SPS visitor and former NASA mission control director Ginger Kerrick shares the perspective behind her success.

BY KRISTIN DUISBERG

The first Latina director of NASA mission control and a 30-year veteran of the program’s Johnson Space Center, Ginger Kerrick visited SPS on Monday to share a message about resilience — a perspective she developed through multiple life-changing experiences. At the age of 11, she witnessed her father’s fatal heart attack. In college, she walked onto the University of Texas-El Paso women’s basketball team but suffered a career-ending knee injury days before her first game. At 26, she was one of just 120 applicants out of more than 3,000 selected to be evaluated for NASA’s astronaut training program, only to receive a lifetime disqualification when a medical exam ultrasound turned up more than a dozen kidney stones.

“So now my dream of basketball is gone and my dream of being an astronaut is gone, and I started to plummet, and I wanted to quit NASA,” Kerrick shared during chapel. “And then I realized that that’s not me. … I am the strong little girl that watched her dad die right in front of her and picked herself up and kept moving. So while this does feel like the end of the world, it’s not, and I have had the worst thing happen to me and I survived it, and I will survive this too.”

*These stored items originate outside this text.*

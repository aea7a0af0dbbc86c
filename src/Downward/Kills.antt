-- ===== src/Downward/Kills.antt =====
-- The kill stores of the downward search (passes/TaintTrackerPass/TaintTrackerPass.cpp): which
-- stores are taken for overwriting what taint a pointer holds.
use linux_analysis.Prelude.{
  ◌≡◌, refl, ap, ◌↔◌, ◌⊎◌, inl, inr, Bool, true, false, not, ◌&&◌, ◌||◌, none, some, List, [], ◌∷◌,
  ◌++◌, foldl, lookup, contains, contains-insert, insert, ◌∈◌, ◌==◌, Bool-cases, Option-cases,
  if◌then◌else◌, arith,
}
use linux_analysis.Llvm.{Ir, Value, Store, as_store, defined_instructions}
use linux_analysis.State.{State}
use linux_analysis.Downward.{meets_before, is_valid_kill, identify_kill, identify_kill_stores}

meets_before_sound :
    (a b : Value) (found : Bool) (is : List Value)
    → meets_before a b found is ≡ true
    → (xs : List Value) × (ys : List Value) × (is ≡ xs ++ b ∷ ys)
      × ((found || contains a (xs ++ b ∷ [])) ≡ false)
unfolding meets_before
meets_before_sound a b found [] e = cc
meets_before_sound a b found (i ∷ is) e = elim (Bool-cases (i == b && not (found || i == a))) [
  | inl here ↦ let same : i ≡ b = ground arith in ([], is, rw same refl, ground arith)
  | inr there ↦
      let (xs, ys, split, h) = meets_before_sound a b (found || i == a) is (ground arith) in
      (i ∷ xs, ys, ap (λ t. i ∷ t) split, ground (arith, h))
]

meets_before_complete :
    (a b : Value) (found : Bool) (xs ys : List Value)
    → (found || contains a (xs ++ b ∷ [])) ≡ false
    → meets_before a b found (xs ++ b ∷ ys) ≡ true
unfolding meets_before
meets_before_complete a b found [] ys h = ground arith
meets_before_complete a b found (x ∷ xs) ys h =
    ground (arith, meets_before_complete a b (found || x == a) xs ys)

-- A store of a value that is not tainted to a tainted pointer, not tainted itself and not in front
-- of the instruction that tainted the pointer in the same block.
pub record Kills (ir : Ir) (s : State) (i : Value) : Type 0 where
  pub store : Store
  pub is_store : as_store (ir.kind i) ≡ some store
  pub pointer : ir.strip_pointer_casts store.pointer ∈ s.tainted_pointers
  pub clean : contains store.value s.tainted_values ≡ false
  pub no_source : contains i s.tainted_values ≡ false
  pub behind :
      (origin : Value) (xs ys : List Value)
      → lookup (ir.strip_pointer_casts store.pointer) s.pointer_taint_origin ≡ some origin
      → ir.block_of i ≡ ir.block_of origin
      → ir.instructions (ir.block_of i) ≡ xs ++ i ∷ ys
      → origin ∈ xs ++ i ∷ []

module _ (ir : Ir) where
  unfoldable kill_test : State → Value → Bool
  kill_test s i = elim (as_store (ir.kind i)) [
    | none ↦ false
    | some st ↦
        contains (ir.strip_pointer_casts st.pointer) s.tainted_pointers
        && not (contains st.value s.tainted_values)
        && not (contains i s.tainted_values)
        && is_valid_kill ir i (ir.strip_pointer_casts st.pointer) s
  ]

  identify_kill_lem :
      (s : State) (i : Value)
      → identify_kill ir s i ≡ record s {
        killed_stores = if kill_test s i then insert i s.killed_stores else s.killed_stores;
      }
  unfolding identify_kill kill_test
  identify_kill_lem s i = elim (Option-cases (as_store (ir.kind i))) [
    | inl e ↦ rw (e, identify_kill, kill_test) refl
    | inr (st, e) ↦ rw (e, identify_kill, kill_test) (chosen _)
  ]
    where
      chosen :
          (b : Bool)
          → (if b then record s { killed_stores = insert i s.killed_stores } else s)
            ≡ record s { killed_stores = if b then insert i s.killed_stores else s.killed_stores }
      chosen true = refl
      chosen false = refl

  -- What was taken for a kill store before plays no part.
  kill_test_same :
      (s : State) (ks : List Value) (i : Value)
      → kill_test (record s { killed_stores = ks }) i ≡ kill_test s i
  unfolding kill_test is_valid_kill
  kill_test_same s ks i = refl

  contains-kill :
      (s : State) (i x : Value)
      → contains x (identify_kill ir s i).killed_stores
        ≡ (contains x s.killed_stores || (x == i && kill_test s x))
  contains-kill s i x = rw (identify_kill_lem s i) (elim (Bool-cases (x == i)) [
    | inl same ↦ let q : x ≡ i = ground arith in rw q (added (kill_test s i))
    | inr other ↦ rw other (passed (kill_test s i) other)
  ])
    where
      added :
          (b : Bool)
          → contains i (if b then insert i s.killed_stores else s.killed_stores)
            ≡ (contains i s.killed_stores || (i == i && b))
      added true = ground (arith, contains-insert i i s.killed_stores)
      added false = ground arith

      passed :
          (b : Bool)
          → (x == i) ≡ false
          → contains x (if b then insert i s.killed_stores else s.killed_stores)
            ≡ (contains x s.killed_stores || false)
      passed true other = ground (arith, contains-insert x i s.killed_stores)
      passed false other = ground arith

  kill_test-identify_kill :
      (s : State) (i x : Value) → kill_test (identify_kill ir s i) x ≡ kill_test s x
  kill_test-identify_kill s i x = rw (identify_kill_lem s i) (kill_test_same s _ x)

  contains-kills :
      (is : List Value) (s : State) (x : Value)
      → contains x (foldl (identify_kill ir) s is).killed_stores
        ≡ (contains x s.killed_stores || (contains x is && kill_test s x))
  contains-kills [] s x = ground arith
  contains-kills (i ∷ is) s x = ground (
    arith,
    contains-kills is (identify_kill ir s i) x,
    contains-kill s i x,
    kill_test-identify_kill s i x,
  )

  is_valid_kill_sound :
      (i ptr origin : Value) (s : State) (xs ys : List Value)
      → is_valid_kill ir i ptr s ≡ true
      → lookup ptr s.pointer_taint_origin ≡ some origin
      → ir.block_of i ≡ ir.block_of origin
      → ir.instructions (ir.block_of i) ≡ xs ++ i ∷ ys
      → origin ∈ xs ++ i ∷ []
  unfolding is_valid_kill
  is_valid_kill_sound i ptr origin s xs ys e known same split =
      let eq : (ir.block_of i == ir.block_of origin) ≡ true = ground arith in
      let late = rw (known, eq, split, is_valid_kill) at e in
      elim (Bool-cases (contains origin (xs ++ i ∷ []))) [
        | inl there ↦ there
        | inr ahead ↦ cc (rw (meets_before_complete origin i false xs ys ahead) at late)
      ]

  is_valid_kill_complete :
      (i ptr : Value) (s : State)
      → ((origin : Value) (xs ys : List Value)
          → lookup ptr s.pointer_taint_origin ≡ some origin
          → ir.block_of i ≡ ir.block_of origin
          → ir.instructions (ir.block_of i) ≡ xs ++ i ∷ ys
          → origin ∈ xs ++ i ∷ [])
      → is_valid_kill ir i ptr s ≡ true
  unfolding is_valid_kill
  is_valid_kill_complete i ptr s behind = elim (Option-cases (lookup ptr s.pointer_taint_origin)) [
    | inl unknown ↦ rw (unknown, is_valid_kill) refl
    | inr (origin, known) ↦ elim (Bool-cases (ir.block_of i == ir.block_of origin)) [
      | inr other ↦ rw (known, other, is_valid_kill) refl
      | inl same ↦
          rw (known, same, is_valid_kill)
            (elim (Bool-cases (meets_before origin i false (ir.instructions (ir.block_of i)))) [
              | inr late ↦ rw late refl
              | inl ahead ↦
                  let (xs, ys, split, h) =
                    meets_before_sound origin i false (ir.instructions (ir.block_of i)) ahead in
                  let q : ir.block_of i ≡ ir.block_of origin = ground arith in
                  cc (behind origin xs ys known q split)
            ])
    ]
  ]

  kill_test_iff : (s : State) (i : Value) → (kill_test s i ≡ true) ↔ Kills ir s i
  unfolding kill_test
  kill_test_iff s i = (
    λ e. elim (Option-cases (as_store (ir.kind i))) [
      | inl no_store ↦ cc (rw (no_store, kill_test) at e)
      | inr (st, is_store) ↦
          let all = rw (is_store, kill_test) at e in
          record {
            store = st;
            is_store = is_store;
            pointer = ground arith;
            clean = ground arith;
            no_source = ground arith;
            behind = λ origin xs ys.
                is_valid_kill_sound i (ir.strip_pointer_casts st.pointer) origin s xs ys
                  (ground arith);
          }
    ],
    λ k.
        rw (k.is_store, kill_test)
          (ground (
            arith,
            k.pointer,
            k.clean,
            k.no_source,
            is_valid_kill_complete i (ir.strip_pointer_casts k.store.pointer) s k.behind,
          )),
  )

-- A round adds to the kill stores exactly the stores of the defined functions that put a value
-- which is not tainted behind a tainted pointer, that are not tainted themselves, and that do not
-- stand, in the same block, in front of the instruction that tainted the pointer.
pub identify_kill_stores_iff :
    (ir : Ir) (s : State) (i : Value)
    → (i ∈ (identify_kill_stores ir s).killed_stores)
      ↔ ((i ∈ s.killed_stores) ⊎ ((i ∈ defined_instructions ir) × Kills ir s i))
unfolding identify_kill_stores
identify_kill_stores_iff ir s i =
    let same = contains-kills ir (defined_instructions ir) s i in
    (
      λ m. elim (Bool-cases (contains i s.killed_stores)) [
        | inl old ↦ inl old
        | inr new ↦ inr (
          ground (arith, rw (same, new) at m),
          (kill_test_iff ir s i).0 (ground (arith, rw (same, new) at m)),
        )
      ],
      λ h. rw same (elim h [
        | inl old ↦ ground arith
        | inr (there, kills) ↦ ground (arith, (kill_test_iff ir s i).1 kills)
      ]),
    )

Today the chief strategy officer of Barrios Technology, a small, woman-owned aerospace company in Houston, Kerrick shared a brief summary of her career, which has included leading space station and shuttle missions and preparing the next generation of astronauts, and reflected on how mindset makes a difference when confronting adversity. “Recognize that there are opportunities out there that you may not have even imagined for yourself, and have the courage and bravery to take those on,” she said. “I wouldn’t have had these opportunities if I’d had a good knee, if I didn’t have kidney stones, and perhaps even if my father hadn’t died at the age that I was. When he did, it made me strong; it made me resilient. And you can be resilient today.”